S’agissant de la consistance des dossiers, il relève que les travaux préparatoires sont, globalement, substantiels, mais comportent deux insuffisances : pas d’analyse des points de blocage et des facteurs contrariants. «Aucune appréciation qualitative des solutions et choix opérés dans le passé et leur validité n’est faite.» Dans cet ordre d’idées, il propose de faire de la tripartite, «une instance fédérale qui s’érigera en lieu de consensus et de production d’une doctrine économique partagée à consolider». Benkhalfa insistera aussi sur la nécessité d’éviter deux écueil que sont la prédominance des revendications sociales et l’unanimisme, et a appelé à donner un ancrage légal, en envisageant une institutionnalisation par texte légal de la tripartite. Dans ce sens, il soutient qu’il est impératif d’éviter l’écueil d’un suivi spécifique de la tripartite : pas de dédoublement des structures institutionnelles pour la mise en œuvre des options dégagées et des mesures arrêtées, tout comme il faut éviter une appréciation des résultats centrés exclusivement sur les recommandations de la tripartite, mais opter pour des études d’impact et d’opérationnalisation conduites par des acteurs autres que les sphères d’exécution, citant, à titre d’exemple, le CNES. Selon Benkhalfa, le travail qui sera abattu dans l’après-tripartite, devrait être confié à des institutions chefs de file pour maturer, expliciter les options, les mesures prises et élaborer les démarches de mise en œuvre.

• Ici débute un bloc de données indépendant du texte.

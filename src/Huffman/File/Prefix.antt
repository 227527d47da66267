-- ===== src/Huffman/File/Prefix.antt =====
-- The tree and the payload go behind the header's bytes, whatever those are.
use study_in_tezpur_universi.Common.{ℕ, ◌-◌, ◌≡◌, refl, ap, ◌∙◌, List, [], ◌∷◌, ◌++◌, append-nil}
use study_in_tezpur_universi.Huffman.BitIo.{BitWriter, bit_writer_init, write_bit, bit_writer_flush}
use study_in_tezpur_universi.Huffman.BitIo.Prefix.{
  behind, write_bit-behind, bit_writer_flush-behind,
}
use study_in_tezpur_universi.Huffman.Node.{HuffmanNode}
use study_in_tezpur_universi.Huffman.Codes.{CodeEntry, entry_of, generate_codes}
use study_in_tezpur_universi.Huffman.Header.{serialize_tree_preorder}
use study_in_tezpur_universi.Huffman.Header.Prefix.{serialize-behind}
use study_in_tezpur_universi.Huffman.File.{write_code, write_payload, write_tree_and_payload}

write_code-behind :
    (out code : List ℕ) (bw : BitWriter)
    → write_code code (behind out bw) ≡ behind out (write_code code bw)
unfolding write_code
write_code-behind out [] bw = refl
write_code-behind out (c ∷ code) bw =
    rw (write_bit-behind out bw (c - b'0')) (write_code-behind out code (write_bit bw (c - b'0')))

write_payload-behind :
    (out : List ℕ) (table : List CodeEntry) (text : List ℕ) (bw : BitWriter)
    → write_payload table text (behind out bw) ≡ behind out (write_payload table text bw)
unfolding write_payload
write_payload-behind out table [] bw = refl
write_payload-behind out table (c ∷ text) bw =
    rw (write_code-behind out (entry_of table c).code bw)
      (write_payload-behind out table text (write_code (entry_of table c).code bw))

init-behind : (out : List ℕ) → bit_writer_init out ≡ behind out (bit_writer_init [])
unfolding bit_writer_init
init-behind out = rw append-nil

-- The file is the header's bytes and what the writer adds to an empty file.
pub write_tree_and_payload-behind :
    (root : HuffmanNode) (text out : List ℕ)
    → write_tree_and_payload root text out ≡ out ++ write_tree_and_payload root text []
unfolding write_tree_and_payload
write_tree_and_payload-behind root text out =
    let empty = bit_writer_init [] in
    let tree = serialize_tree_preorder root empty in
    let table = generate_codes root in
    ap
      (λ (bw : BitWriter).
        (bit_writer_flush (write_payload table text (serialize_tree_preorder root bw))).fp)
      (init-behind out)
    ∙ ap (λ (bw : BitWriter). (bit_writer_flush (write_payload table text bw)).fp)
        (serialize-behind out root empty)
    ∙ ap (λ (bw : BitWriter). (bit_writer_flush bw).fp) (write_payload-behind out table text tree)
    ∙ ap (λ (bw : BitWriter). bw.fp) (bit_writer_flush-behind out (write_payload table text tree))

Il y a lieu également d’organiser une concertation nationale pour expliciter et fixer un cadrage des chantiers de rénovation managériale des institutions et entités publiques, et de la révision du mode de gouvernance par l’État.
Enfin, procéder à la mise en en place d’un groupe intersectoriel d’étude, appyé par des experts, en vue d’un remodelage des statuts des entités économiques publiques et du mode de leur administration et leur fonctionnement.